This item has been supplied by a forage marketer and has not been edited, verified or endorsed by Hay & Forage Grower.Drought has been a major concern for many crop producers throughout 2022, and it remains a concern as planning begins for the 2023 growing season. As of late October, drought across the central and western United States is the most widespread since 2012 and more than 50% of the country is experiencing some level of drought.
Beyond the obvious need for soil moisture to establish and produce a successful 2023 crop, lack of soil moisture in 2022 has impacts on the nutrient profile that should be considered when developing fertility plans for 2023. Crop nutrition experts from The Mosaic Company offer insights and reminders for producers and growers that may change how they approach soil sampling and nutrient planning for the coming year.
Nutrient uptake is reduced, leaving nutrients in the soil
One of the obvious effects of drought is the reduction of nutrient uptake by crops, as water is the major medium for moving nutrients into plants. Reduced uptake equals reduced nutrient removal at harvest and translates to a residual effect of nutrients. This can be especially true for mobile nutrients like nitrate, sulfate and boron. Nutrient cycling is a complex process involving an interaction between soil minerals and nutrients, soil microbes and the plant’s root system, and it is largely affected by both soil pH and moisture.
“As we explore the rhizosphere and learn more about the activity and role of soil microbes, we’ve come to understand that the lack of soil moisture and increased temperatures typical during drought can decrease microbial activity and nutrient cycling, both of which are important for plant nutrient use for biomass and grain production,” says Curt Woolfolk, agronomist and senior manager of crop nutrition technologies with The Mosaic Company.
“When microbial activity slows during drought, processes like mineralization (conversion from unavailable to available forms) are reduced and don’t fully replenish the nutrients that are found in soil solution under more normal conditions. Nearly every chemical and biological function is reduced during dry conditions. Not only are less nutrients available in soil solution for plant uptake, but many nutrients become trapped in clay layers during extended periods of drought” Woolfolk explains. Drought-inhibited root growth (reduced exploration) and limited availability of water to facilitate nutrient uptake by the root system also cause nutrients to be left in the soil.

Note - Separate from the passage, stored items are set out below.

-- ===== src/KmallocMap/Examples.antt =====
-- ex7.c and new_st.c at concrete data: an instance of each theorem.
use lkms.Prelude.{
  ℕ, ◌+◌, ◌-◌, ◌*◌, ◌≡◌, ◌<◌, ◌≤◌, ◌⊎◌, refl, true, false, List, [], ◌∷◌, pos, neg, none, some,
  arith, replicate, sub64, page_size,
}
use lkms.Kernel.Run.{ok, Ends}
use lkms.KmallocMap.{State, page_align, decimal, char_mmap}
use lkms.KmallocMap.Pages.{IsReady, texts_from}
use lkms.KmallocMap.Sessions.{Printing-init-char_release, char_mmap_bounds}
use lkms.KmallocMap.Printing

abbrev unloaded : State
unloaded = record {
  kmalloc_ptr = 0;
  kmalloc_area = 0;
  end = 0;
  major_number = pos 0;
  memory = λ a. 255;
  reserved = λ p. false;
  allocated = false;
}

abbrev stack : List ℕ
stack = replicate 50 170

-- kmalloc's address 10000 is rounded up to 12288.
page_align_test : page_align 10000 ≡ 12288
unfolding page_align
page_align_test = refl

page_text_test : decimal 16 ≡ 49 ∷ 54 ∷ []
unfolding decimal
page_text_test = refl

Printing-init-char_release_example :
    Ends
      (λ (r, t). (r ≡ pos 0) × (Printing.char_release t ≡ ok (texts_from 0 16, pos 0)))
      (Printing.init 10000 (pos 250) stack unloaded)
Printing-init-char_release_example =
    Printing-init-char_release 10000 (pos 250) stack unloaded (omega arith) (omega arith) refl refl

abbrev loaded : State
loaded = record unloaded {
  kmalloc_ptr = 10000;
  kmalloc_area = 12288;
  major_number = pos 250;
  allocated = true;
}

loaded-IsReady : IsReady loaded
loaded-IsReady = record { used = refl; above = omega arith; near = omega arith; low = omega arith }

char_mmap_bounds_example :
    ((char_mmap (λ a. a - 4096) (neg 12) 4096 12288 loaded ≡ (neg 5, none))
      × (16 * page_size < sub64 12288 4096))
    ⊎ ((page : ℕ) × (char_mmap (λ a. a - 4096) (neg 12) 4096 12288 loaded
          ≡ (neg 12, some (page, sub64 12288 4096)))
        × (page * page_size + 4096 ≡ 12288)
        × (sub64 12288 4096 ≤ 16 * page_size)
        × (12288 + sub64 12288 4096 ≤ 10000 + 18 * page_size))
char_mmap_bounds_example =
    char_mmap_bounds 4096 (neg 12) 4096 12288 loaded loaded-IsReady refl refl (omega arith)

Dry conditions and reduced microbial activity slow crop residue decomposition
During drought, growers should consider the role and benefits of crop residue in the crop nutrition and production system. Wetter years lead to increased decomposition rates of crop residues while drier years lead to slowed decomposition that may affect planting conditions. Depending on cropping system, crop rotation and equipment, growers may benefit from sizing and incorporating residue to encourage nutrient cycling by increasing the amount of residue in contact with soil and soil microbes. This returns crop nutrients to the soil more quickly where they can be available for the next crop.
Potassium, for example, is a key nutrient that is easily leached from crop residue into the soil at plant maturity and after harvest. Without moisture, this potassium reserve could stay in the residue. With that said, it is important to remember that these drier situations generally result in lower uptake and lower yields, leaving more potassium in the soil.
Preserve crop residue to recharge soil moisture profile
“When soils are dry, not only are there fewer nutrients in crop residue to release back into the soil, but there is also less microbial activity to break down the residue,” Woolfolk says. “Producers may be better served to consider standing residue to catch snow and reduce wind erosion potential. This is especially true for cereal grain production in western states. Capturing and preserving moisture is a key component to increasing nutrient cycling in these environments; especially during periods of drought.” In no-till systems, keeping residue standing on the soil surface can trap 70% more of the water in rain or snow melt than conventional tillage.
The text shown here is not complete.